Google's Big Chip Unveil For Machine Learning: Tensor Processing Unit With 10x Better Efficiency (Updated)

While other companies are arguing about whether GPUs, FPGAs, or VPUs are better suited for machine learning, Google came out with the news that it has been using its own custom-built Tensor Processing Unit (TPU) for over a year, achieving a claimed 10x increase in efficiency. The comparison is likely made in relation to GPUs, which are currently the industry standard chips for machine learning.

Tensor analysis is an extension of vector calculus, which is at the basis of Google’s (recently released as open source) Tensorflow framework for machine learning.

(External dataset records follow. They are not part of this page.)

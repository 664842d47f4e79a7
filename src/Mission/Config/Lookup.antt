-- ===== src/Mission/Config/Lookup.antt =====
-- config.py, `_checkpoints_map`: no checkpoint hides another.
use patrol_drone.Prelude.{
  ◌++◌, ◌∷◌, arith, List, String, Ensures, Permits, ◌≡◌, All, ok, some, none, Permits-at, [], ap,
  if◌then◌else◌, Option-cases, inl, inr, Permits-step, Permits-map, refl,
}
use patrol_drone.Float.{Float}
use text.Mathlib.TextEquality.{eq_iff}
use patrol_drone.Mission.Config.Checkpoints.{
  collect, Positions, checkpoints_map, position_of, has_position, checkpoint_entry,
}
use patrol_drone.Mission.Config.Yaml.{Yaml, refuse_if, duplicate_checkpoint}
use patrol_drone.Mission.Frames.{Point}

module _ ⦃fl : Float⦄ where
  -- the position that the dict has for an entry of the file is the entry's own
  abbrev pub Finds : Positions → Yaml → Type 0
  Finds qs v = Ensures (λ e. position_of qs e.0 ≡ some e.1) (checkpoint_entry v)

  abbrev Extends : Positions → Positions → Type 0
  Extends ps qs =
      (cid : String) (p : Point) → position_of ps cid ≡ some p → position_of qs cid ≡ some p

  append-Extends : (ps qs : Positions) → Extends ps (ps ++ qs)
  append-Extends [] qs cid p e = cc
  append-Extends ((k, x) ∷ ps) qs cid p e = ground (arith, append-Extends ps qs cid p)

  position_of-append :
      (ps : Positions) (cid : String) (p : Point)
      → position_of ps cid ≡ none
      → position_of (ps ++ (cid, p) ∷ []) cid ≡ some p
  position_of-append [] cid p e = ap (λ b. if b then some p else none) ((eq_iff cid cid).1 refl)
  position_of-append ((k, x) ∷ ps) cid p e = ground (arith, e, position_of-append ps cid p)

  collect-Finds :
      (ps : Positions) (vs : List Yaml)
      → Permits (λ qs. Extends ps qs × All (Finds qs) vs) (collect ps vs)
  unfolding collect
  collect-Finds ps [] = (λ cid p e. e, tt)
  collect-Finds ps (v ∷ vs) =
      let Q = λ (qs : Positions). Extends ps qs × All (Finds qs) (v ∷ vs) in
      Permits-step Q (checkpoint_entry v) _ (λ (cid, p) e.
        Permits-step Q (refuse_if (has_position ps cid) duplicate_checkpoint) _ (λ _ new.
          Permits-map (λ qs. Extends (ps ++ (cid, p) ∷ []) qs × All (Finds qs) vs) Q
            (collect (ps ++ (cid, p) ∷ []) vs)
            (λ qs (more, found). (
              λ c x h. more c x (append-Extends ps ((cid, p) ∷ []) c x h),
              (rw e (more cid p (position_of-append ps cid p (absent ps cid new))), found),
            ))
            (collect-Finds (ps ++ (cid, p) ∷ []) vs)))
    where
      absent :
          (ps : Positions) (cid : String)
          → refuse_if (has_position ps cid) duplicate_checkpoint ≡ ok tt
          → position_of ps cid ≡ none
      absent ps cid h = elim (Option-cases (position_of ps cid)) [
        | inl e ↦ e
        | inr (x, e) ↦ ground (arith, h, e)
      ]

  -- Where the list of checkpoints is accepted, every entry of it is well formed and is found again:
  -- the position stored for its id is the entry's position, so no entry overwrites another.
  pub checkpoints_map-Finds :
      (vs : List Yaml) (qs : Positions) → checkpoints_map vs ≡ ok qs → All (Finds qs) vs
  checkpoints_map-Finds vs qs e =
      (Permits-at (λ qs. Extends [] qs × All (Finds qs) vs) (checkpoints_map vs) e
        (collect-Finds [] vs)).1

The new Tensor Processing Units, as you might expect, are specifically designed to do only tensor calculations, which means the company can fit more transistors on the chip that do only one thing well--achieving higher efficiency than other types of chips.

This class of chips is called ASICs (application-specific integrated circuits), and they’ve been used, for instance, in wireless modems such as Nvidia’s Icera modem, and in Bitcoin mining rigs for orders of magnitude higher efficiency compared to GPUs and FPGAs.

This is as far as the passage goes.